Saved data entries:
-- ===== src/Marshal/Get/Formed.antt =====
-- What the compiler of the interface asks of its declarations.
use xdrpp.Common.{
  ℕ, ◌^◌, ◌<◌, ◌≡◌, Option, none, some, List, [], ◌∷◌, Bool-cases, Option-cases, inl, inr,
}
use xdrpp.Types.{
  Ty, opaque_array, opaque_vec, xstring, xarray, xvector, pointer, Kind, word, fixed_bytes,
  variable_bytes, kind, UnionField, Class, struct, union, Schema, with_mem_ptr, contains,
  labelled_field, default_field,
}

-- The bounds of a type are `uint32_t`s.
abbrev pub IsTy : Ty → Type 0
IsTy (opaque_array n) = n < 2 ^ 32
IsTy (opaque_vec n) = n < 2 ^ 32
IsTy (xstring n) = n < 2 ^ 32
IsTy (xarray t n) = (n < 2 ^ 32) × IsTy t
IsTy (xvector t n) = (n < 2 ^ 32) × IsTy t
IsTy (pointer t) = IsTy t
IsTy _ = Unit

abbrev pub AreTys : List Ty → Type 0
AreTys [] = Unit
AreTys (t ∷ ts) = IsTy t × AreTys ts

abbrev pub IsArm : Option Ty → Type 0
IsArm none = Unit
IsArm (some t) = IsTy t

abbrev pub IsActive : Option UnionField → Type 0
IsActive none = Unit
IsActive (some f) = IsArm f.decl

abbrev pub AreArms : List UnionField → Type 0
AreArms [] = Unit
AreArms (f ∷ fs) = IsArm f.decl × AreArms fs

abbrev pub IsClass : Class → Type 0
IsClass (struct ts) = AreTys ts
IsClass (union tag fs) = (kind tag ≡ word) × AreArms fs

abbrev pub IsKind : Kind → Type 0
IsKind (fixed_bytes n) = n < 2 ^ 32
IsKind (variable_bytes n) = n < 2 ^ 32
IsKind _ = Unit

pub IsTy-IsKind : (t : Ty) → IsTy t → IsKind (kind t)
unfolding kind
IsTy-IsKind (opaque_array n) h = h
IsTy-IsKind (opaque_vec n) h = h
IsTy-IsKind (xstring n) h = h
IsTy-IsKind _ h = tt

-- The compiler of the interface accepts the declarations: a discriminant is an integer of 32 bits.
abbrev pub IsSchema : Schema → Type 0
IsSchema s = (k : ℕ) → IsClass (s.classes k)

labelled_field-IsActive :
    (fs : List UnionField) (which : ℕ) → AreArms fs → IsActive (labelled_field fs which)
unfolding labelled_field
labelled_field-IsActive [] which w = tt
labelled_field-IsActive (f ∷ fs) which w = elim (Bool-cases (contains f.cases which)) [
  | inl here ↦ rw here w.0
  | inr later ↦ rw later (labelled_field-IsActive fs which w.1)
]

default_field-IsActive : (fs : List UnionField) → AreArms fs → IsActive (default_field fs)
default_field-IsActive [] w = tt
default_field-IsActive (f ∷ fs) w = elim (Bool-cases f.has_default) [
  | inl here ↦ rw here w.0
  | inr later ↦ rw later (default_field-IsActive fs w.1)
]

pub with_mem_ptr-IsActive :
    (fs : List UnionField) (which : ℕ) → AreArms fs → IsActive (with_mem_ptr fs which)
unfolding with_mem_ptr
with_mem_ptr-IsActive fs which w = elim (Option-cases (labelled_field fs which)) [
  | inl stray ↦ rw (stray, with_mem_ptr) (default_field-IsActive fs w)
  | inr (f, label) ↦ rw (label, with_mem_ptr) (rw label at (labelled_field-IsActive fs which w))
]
---
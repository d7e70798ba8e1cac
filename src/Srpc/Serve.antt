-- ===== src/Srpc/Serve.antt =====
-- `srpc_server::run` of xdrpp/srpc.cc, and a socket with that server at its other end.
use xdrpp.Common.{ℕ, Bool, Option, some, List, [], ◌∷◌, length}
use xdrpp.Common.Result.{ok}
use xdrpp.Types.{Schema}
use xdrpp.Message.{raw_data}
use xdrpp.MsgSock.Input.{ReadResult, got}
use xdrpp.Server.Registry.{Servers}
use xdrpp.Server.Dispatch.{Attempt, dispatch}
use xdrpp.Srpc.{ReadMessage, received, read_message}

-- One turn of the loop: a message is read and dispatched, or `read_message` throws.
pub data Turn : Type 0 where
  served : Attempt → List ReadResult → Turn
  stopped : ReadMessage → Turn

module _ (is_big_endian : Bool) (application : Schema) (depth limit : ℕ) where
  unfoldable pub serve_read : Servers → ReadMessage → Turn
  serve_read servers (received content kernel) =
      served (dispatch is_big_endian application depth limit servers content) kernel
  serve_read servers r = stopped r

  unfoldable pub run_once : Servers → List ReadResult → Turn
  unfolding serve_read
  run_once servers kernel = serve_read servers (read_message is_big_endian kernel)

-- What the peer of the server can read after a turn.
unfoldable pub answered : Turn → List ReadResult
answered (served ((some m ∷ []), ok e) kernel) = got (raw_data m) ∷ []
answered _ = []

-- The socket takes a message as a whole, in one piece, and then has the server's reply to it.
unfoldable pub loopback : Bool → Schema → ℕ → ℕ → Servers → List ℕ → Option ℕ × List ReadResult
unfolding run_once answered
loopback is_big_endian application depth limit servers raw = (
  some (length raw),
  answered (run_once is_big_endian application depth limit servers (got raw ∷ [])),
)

(DESCRIPTION OF THE TASK):
Every line above from the line with "abbrev pub AreArms : List UnionField → Type 0" to the line with "IsTy-IsKind _ h = tt" is wanted, ends included; write them out exactly and add no other line.

(ANSWER BOX):
abbrev pub AreArms : List UnionField → Type 0
AreArms [] = Unit
AreArms (f ∷ fs) = IsArm f.decl × AreArms fs

abbrev pub IsClass : Class → Type 0
IsClass (struct ts) = AreTys ts
IsClass (union tag fs) = (kind tag ≡ word) × AreArms fs

abbrev pub IsKind : Kind → Type 0
IsKind (fixed_bytes n) = n < 2 ^ 32
IsKind (variable_bytes n) = n < 2 ^ 32
IsKind _ = Unit

pub IsTy-IsKind : (t : Ty) → IsTy t → IsKind (kind t)
unfolding kind
IsTy-IsKind (opaque_array n) h = h
IsTy-IsKind (opaque_vec n) h = h
IsTy-IsKind (xstring n) h = h
IsTy-IsKind _ h = tt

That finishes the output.